(About this exercise):
Where a line holds the word "GrinboxAddress", copy it from the records.

(Stored items)
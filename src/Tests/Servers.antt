-- ===== src/Tests/Servers.antt =====
-- Runs of a connection of src/server/mod.rs with an environment of small functions: an address is
-- its key, every signature that is the key is good, and a payload is its three texts between zeros.
use grinbox.Prelude.{◌≡◌, refl, true, Option, none, some, [], ◌++◌, if◌then◌else◌, arith}
use grinbox.Prelude.Text.{Text, codes, text_eq}
use grinbox.Types.Errors.{Outcome, err, invalid_request, secp_error}
use grinbox.Types.Messages.{GrinboxRequest, GrinboxResponse, SignedPayload}
use grinbox.Types.Address.{GrinboxAddress}
use grinbox.Server.Environment.{Environment, IsFaithful, finished}
use grinbox.Server.Handler.{AsyncServer, new, respond, error_of, on_request, on_message, post_slate}
use grinbox.Server.Authority.{IsLicensed, on_request-IsLicensed}
use grinbox.Server.Subscriptions.{IsSettled, on_message-IsSettled}
use grinbox.Tests.Printing.{print, parse, parse-print}
use grinbox.Server.Refusals.{on_message-refused}
use grinbox.Server.Posting.{IsAccepted, alone, IsPosted, post_slate-IsPosted}

abbrev here : GrinboxAddress
here = record { public_key = codes "k"; domain = codes "d"; port = 80; version = none }

abbrev print_payload : SignedPayload → Text
print_payload p = print p.str ++ (print p.challenge ++ (print p.signature ++ []))

abbrev of_parsed :
    Option (Text × Text) → Option (Text × Text) → Option (Text × Text) → Option SignedPayload
of_parsed (some a) (some b) (some c) = some (record { str = a.0; challenge = b.0; signature = c.0 })
of_parsed _ _ _ = none

abbrev rest_of : Option (Text × Text) → Text
rest_of none = []
rest_of (some p) = p.1

abbrev parse_payload : Text → Option SignedPayload
parse_payload s =
    let a = parse s in let b = parse (rest_of a) in let c = parse (rest_of b) in of_parsed a b c

-- The only request that is understood is "s", which subscribes to the key "k".
abbrev pub env : Environment
env = record {
  from_str_raw = λ _. Outcome.ok here;
  stripped = λ a. a.public_key;
  check_signature =
      λ key text signature. if text_eq key signature then Outcome.ok tt else err secp_error;
  parse_request = λ s.
      if text_eq s (codes "s")
      then some (GrinboxRequest.subscribe (codes "k") (codes "k"))
      else none;
  print_payload = print_payload;
  parse_payload = parse_payload;
  parse_response = λ s. if text_eq s (codes "ok") then some GrinboxResponse.ok else none;
  connect = λ _ _. finished;
}

pub env-IsFaithful : IsFaithful env
env-IsFaithful = record {
  parse-print = λ p. ground (
    arith,
    parse-print p.str (print p.challenge ++ (print p.signature ++ [])),
    parse-print p.challenge (print p.signature ++ []),
    parse-print p.signature [],
  );
}

abbrev pub connection : AsyncServer
connection = new (codes "i") (codes "d") 80 true 0

connection-IsSettled : IsSettled connection
connection-IsSettled = record {
  broker = refl;
  handlers = refl;
  bounded = omega arith;
  balanced = omega arith;
}

on_request-IsLicensed_example :
    IsLicensed env connection
      (GrinboxRequest.subscribe (codes "k") (codes "k"))
      (on_request env connection (GrinboxRequest.subscribe (codes "k") (codes "k"))).1
on_request-IsLicensed_example =
    on_request-IsLicensed env connection (GrinboxRequest.subscribe (codes "k") (codes "k"))

on_message-IsSettled_example : IsSettled (on_message env connection (codes "s")).1
on_message-IsSettled_example = on_message-IsSettled env connection (codes "s") connection-IsSettled

nonsense_refused : (on_message env connection (codes "x")).0 ≡ respond (error_of invalid_request)
unfolding on_message text_eq
nonsense_refused = refl

on_message-refused_example : (on_message env connection (codes "x")).1 ≡ connection
on_message-refused_example =
    on_message-refused env connection (codes "x") invalid_request (λ e. cc) nonsense_refused

slate_signed : IsAccepted env here (codes "slate") (codes "k")
unfolding text_eq
slate_signed = alone refl

post_slate-IsPosted_example :
    IsPosted env connection
      (post_slate env connection
        (codes "k@d:80")
        (codes "k@d:80")
        (codes "slate")
        (codes "k")
        none).1
      here
      here
      (codes "slate")
      (codes "k")
      none
unfolding text_eq
post_slate-IsPosted_example =
    post_slate-IsPosted env connection (codes "k@d:80") (codes "k@d:80") (codes "slate") (codes "k")
      none here here env-IsFaithful refl refl refl refl slate_signed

(Answer section):
use grinbox.Types.Address.{GrinboxAddress}
abbrev here : GrinboxAddress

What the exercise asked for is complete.